Collected data entries:
== Segment start ==

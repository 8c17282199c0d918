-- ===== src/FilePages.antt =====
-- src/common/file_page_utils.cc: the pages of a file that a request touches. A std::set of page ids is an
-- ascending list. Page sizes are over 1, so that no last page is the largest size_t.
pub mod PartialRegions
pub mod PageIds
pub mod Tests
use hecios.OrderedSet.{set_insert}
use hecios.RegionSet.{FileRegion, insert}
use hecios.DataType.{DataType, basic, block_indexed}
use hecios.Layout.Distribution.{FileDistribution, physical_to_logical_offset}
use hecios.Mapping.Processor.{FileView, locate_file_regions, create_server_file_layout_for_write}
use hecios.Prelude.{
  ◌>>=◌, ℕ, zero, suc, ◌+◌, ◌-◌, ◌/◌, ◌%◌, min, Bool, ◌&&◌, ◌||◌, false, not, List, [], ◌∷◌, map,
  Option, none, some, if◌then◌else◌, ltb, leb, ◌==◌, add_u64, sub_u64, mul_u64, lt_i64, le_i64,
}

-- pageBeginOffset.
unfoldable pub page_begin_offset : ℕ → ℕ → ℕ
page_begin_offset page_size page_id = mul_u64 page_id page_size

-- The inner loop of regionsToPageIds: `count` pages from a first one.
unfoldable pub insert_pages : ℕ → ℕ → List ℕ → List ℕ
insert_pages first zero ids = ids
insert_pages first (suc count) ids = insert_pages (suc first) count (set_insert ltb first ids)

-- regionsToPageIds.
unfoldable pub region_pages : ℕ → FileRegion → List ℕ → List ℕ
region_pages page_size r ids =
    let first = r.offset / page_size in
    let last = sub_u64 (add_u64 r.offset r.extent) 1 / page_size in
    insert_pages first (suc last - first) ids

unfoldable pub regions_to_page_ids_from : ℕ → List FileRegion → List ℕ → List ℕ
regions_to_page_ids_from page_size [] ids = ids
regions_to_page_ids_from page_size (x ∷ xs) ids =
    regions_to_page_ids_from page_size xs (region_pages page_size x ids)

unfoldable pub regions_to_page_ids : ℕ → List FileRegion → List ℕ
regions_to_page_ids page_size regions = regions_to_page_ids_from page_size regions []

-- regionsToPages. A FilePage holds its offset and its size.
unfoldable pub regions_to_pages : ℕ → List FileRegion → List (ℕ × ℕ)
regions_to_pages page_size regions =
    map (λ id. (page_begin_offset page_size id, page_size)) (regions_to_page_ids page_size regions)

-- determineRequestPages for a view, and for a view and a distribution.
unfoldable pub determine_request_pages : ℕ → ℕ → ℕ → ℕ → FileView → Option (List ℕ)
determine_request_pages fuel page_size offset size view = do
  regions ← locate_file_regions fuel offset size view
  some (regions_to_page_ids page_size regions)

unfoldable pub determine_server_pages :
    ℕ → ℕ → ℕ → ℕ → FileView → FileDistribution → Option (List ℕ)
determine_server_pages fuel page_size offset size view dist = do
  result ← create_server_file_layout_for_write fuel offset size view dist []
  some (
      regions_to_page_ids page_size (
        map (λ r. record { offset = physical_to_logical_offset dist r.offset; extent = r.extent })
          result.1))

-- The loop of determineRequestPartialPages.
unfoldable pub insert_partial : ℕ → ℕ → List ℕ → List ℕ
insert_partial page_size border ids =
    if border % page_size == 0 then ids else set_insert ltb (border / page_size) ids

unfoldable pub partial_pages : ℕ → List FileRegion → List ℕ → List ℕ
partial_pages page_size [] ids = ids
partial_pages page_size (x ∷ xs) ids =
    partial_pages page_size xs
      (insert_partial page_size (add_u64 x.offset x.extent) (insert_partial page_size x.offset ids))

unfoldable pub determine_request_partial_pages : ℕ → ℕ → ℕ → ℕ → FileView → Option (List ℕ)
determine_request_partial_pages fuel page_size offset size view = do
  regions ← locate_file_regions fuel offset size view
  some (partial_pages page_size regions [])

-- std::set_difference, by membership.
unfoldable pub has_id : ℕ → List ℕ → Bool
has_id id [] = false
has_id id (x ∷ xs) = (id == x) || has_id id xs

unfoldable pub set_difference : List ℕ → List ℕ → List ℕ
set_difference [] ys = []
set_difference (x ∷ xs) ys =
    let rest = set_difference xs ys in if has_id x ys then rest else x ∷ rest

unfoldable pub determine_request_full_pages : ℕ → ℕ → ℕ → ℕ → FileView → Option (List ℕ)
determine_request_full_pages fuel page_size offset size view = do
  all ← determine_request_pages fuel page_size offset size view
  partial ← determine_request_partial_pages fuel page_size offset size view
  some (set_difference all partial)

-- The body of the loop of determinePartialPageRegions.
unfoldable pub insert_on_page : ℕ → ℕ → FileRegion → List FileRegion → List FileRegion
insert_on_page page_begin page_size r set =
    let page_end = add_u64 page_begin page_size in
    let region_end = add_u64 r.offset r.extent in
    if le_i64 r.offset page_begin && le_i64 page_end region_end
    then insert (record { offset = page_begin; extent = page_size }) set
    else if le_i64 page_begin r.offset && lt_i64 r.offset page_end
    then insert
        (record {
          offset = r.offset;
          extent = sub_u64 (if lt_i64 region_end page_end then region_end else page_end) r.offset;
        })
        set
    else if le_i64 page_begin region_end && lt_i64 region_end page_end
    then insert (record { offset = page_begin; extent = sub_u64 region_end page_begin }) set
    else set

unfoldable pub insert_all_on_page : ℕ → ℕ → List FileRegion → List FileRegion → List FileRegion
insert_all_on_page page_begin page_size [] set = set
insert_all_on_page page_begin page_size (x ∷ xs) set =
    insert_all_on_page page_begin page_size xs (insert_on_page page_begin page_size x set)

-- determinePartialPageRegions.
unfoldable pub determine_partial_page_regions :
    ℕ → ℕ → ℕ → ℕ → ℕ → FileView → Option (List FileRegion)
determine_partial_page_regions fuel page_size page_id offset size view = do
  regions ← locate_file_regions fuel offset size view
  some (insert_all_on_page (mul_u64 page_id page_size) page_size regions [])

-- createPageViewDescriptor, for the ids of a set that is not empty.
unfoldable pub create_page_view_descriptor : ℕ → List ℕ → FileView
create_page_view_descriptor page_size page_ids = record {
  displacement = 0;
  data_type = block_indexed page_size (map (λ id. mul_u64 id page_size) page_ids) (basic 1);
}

== Segment end ==

Activity:
For the string "false", go through the entries above and copy each line where it occurs.

Output of the task:
  ◌>>=◌, ℕ, zero, suc, ◌+◌, ◌-◌, ◌/◌, ◌%◌, min, Bool, ◌&&◌, ◌||◌, false, not, List, [], ◌∷◌, map,
has_id id [] = false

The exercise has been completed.